The numbers speak for themselves.

Symptoms of mental illness plague the modern mind at unprecedented rates. Americans have come to a consensus that this is a real problem; the greater challenge is identifying the cause and designing a solution. My experience working at Lines for Life gave me insight into the second part of this question.

Each Thursday, I listened to people in crisis and tried to guide them through their emotions or plan with them to overcome distressing circumstances. The contacts I took were teens like me, experiencing disordered eating, questions about sexual identity, romantic feelings, parental abuse, bullying, suicidal ideation, loss of family members, mental disorders, or any other situation that could induce crisis.

My role was first to listen, then follow with questions that we’re often afraid to ask our peers: How are you really doing? How are you managing your stress? What’s challenging you right now? You seem down, do you want to talk about anything? Are you having thoughts of suicide?

At least once per shift, one of my peers would receive a message that they saved their contact’s life. People often called in to thank the crisis line for the essential service it provides to those who wouldn’t otherwise find support. More than to the power of Lines for Life, these testimonials speak to the importance of checking in and listening. People just want to feel heard. Myriad factors can take that privilege away from them, and, in my experience, the feeling of being unnoticed is what most drives people into crisis.

So, what’s the answer to the emotional epidemic? Asking personal questions. We can humanize strangers. We can reach across a socially constructed wall and give a peer an ear to vent to.

But we all know what’s stopping us.

The immeasurable influence of the bystander effect: the great paralyzing hand that seizes us by the collar just as we start to wonder if the person sitting alone is alright; decades of social conditioning that encourage temperance and keep intimate conversations between the best of friends; the possibility of embarrassingly misinterpreting someone’s body language; thoughts of how we’ll be perceived. ‘They must have someone,’ we think. ‘We all have bad days. Somebody must have checked in with them.’

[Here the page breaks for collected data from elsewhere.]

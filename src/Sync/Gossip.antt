-- ===== src/Sync/Gossip.antt =====
-- runtime/pullrun-sync/src/gossip.rs: `PeerBloomCache`. Times are nanoseconds of one clock; a map's
-- values come in the order of the list. A result of `none` is a panic in a peer's filter.
pub mod Fresh
use Prim.Native.String.{String}
use pullrun.Base.{
  ℕ, suc, ◌-◌, Bool, true, false, Option, none, some, List, [], ◌∷◌, ltb, leb, if◌then◌else◌,
}
use pullrun.Base.Words.{Bytes}
use pullrun.Base.Map
use pullrun.Base.Map.{Map, string_eq}
use pullrun.Sync.Bloom.{BloomFilter, contains, from_bytes}

pub record PeerBloomInfo : Type 0 where
  pub node_id : String
  pub sync_addr : String
  pub bloom_bytes : Bytes
  pub bloom_k : ℕ
  pub bloom_m : ℕ
  pub last_updated : ℕ

abbrev pub Cache : Type 0
Cache = Map String PeerBloomInfo

-- `Duration::from_secs(300)`
abbrev pub cache_ttl : ℕ
cache_ttl = 300000000000

-- `now.duration_since(info.last_updated) <= CACHE_TTL`; the difference stops at 0.
abbrev pub is_fresh : ℕ → PeerBloomInfo → Bool
is_fresh now info = leb (now - info.last_updated) cache_ttl

-- What an entry becomes: one that was there keeps its `node_id`.
abbrev pub refreshed : Option PeerBloomInfo → String → PeerBloomInfo → PeerBloomInfo
refreshed none sync_addr info = info
refreshed (some existing) sync_addr info = record existing {
  bloom_bytes = info.bloom_bytes;
  bloom_k = info.bloom_k;
  bloom_m = info.bloom_m;
  last_updated = info.last_updated;
  sync_addr = sync_addr;
}

unfoldable pub update : String → String → PeerBloomInfo → Cache → Cache
update node_id sync_addr info cache =
    Map.put cache node_id (refreshed (Map.get cache node_id) sync_addr info)

unfoldable pub peer_count : ℕ → Cache → ℕ
peer_count now [] = 0
peer_count now ((k, info) ∷ cache) =
    let rest = peer_count now cache in if is_fresh now info then suc rest else rest

unfoldable pub remove_stale : ℕ → Cache → Cache
remove_stale now [] = []
remove_stale now ((k, info) ∷ cache) =
    let rest = remove_stale now cache in if is_fresh now info then (k, info) ∷ rest else rest

module _ (sha256 : Bytes → Bytes) where
  abbrev pub in_filter : Bytes → Option (BloomFilter × ℕ) → Option Bool
  in_filter digest none = some false
  in_filter digest (some (f, len)) = contains sha256 f digest

  unfoldable pub may_have : ℕ → Bytes → PeerBloomInfo → Option Bool
  may_have now digest info =
      if is_fresh now info then in_filter digest (from_bytes info.bloom_bytes) else some false

  abbrev pub collect_peer :
      PeerBloomInfo
      → Option Bool
      → Option (List (String × String))
      → Option (List (String × String))
  collect_peer info none rest = none
  collect_peer info (some there) none = none
  collect_peer info (some there) (some peers) =
      some (if there then (info.node_id, info.sync_addr) ∷ peers else peers)

  unfoldable pub find_peers_with_blob : ℕ → Bytes → Cache → Option (List (String × String))
  find_peers_with_blob now digest [] = some []
  find_peers_with_blob now digest ((k, info) ∷ cache) =
      collect_peer info (may_have now digest info) (find_peers_with_blob now digest cache)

Though socially and individually engrained, this excuse is not good enough. The relief you can offer a dejected stranger is worth any discomfort you might encounter. Standing on the other side of countless conversations that backed strangers off the edge of an irreversible choice, I can safely say your question could be the difference between life and death.

We have a collective responsibility to help decrease the numbers above.

The downtrend in mental health is not an uncontrollable flood ripping through America. Most of us stand on solid ground, ready to lend a hand, and the work starts with going against the grain and recognizing the vulnerability in a stranger and in yourself. It could be a simple question that breaks down isolation, shifts hasty plans, and begins the process of relief.

How are you feeling?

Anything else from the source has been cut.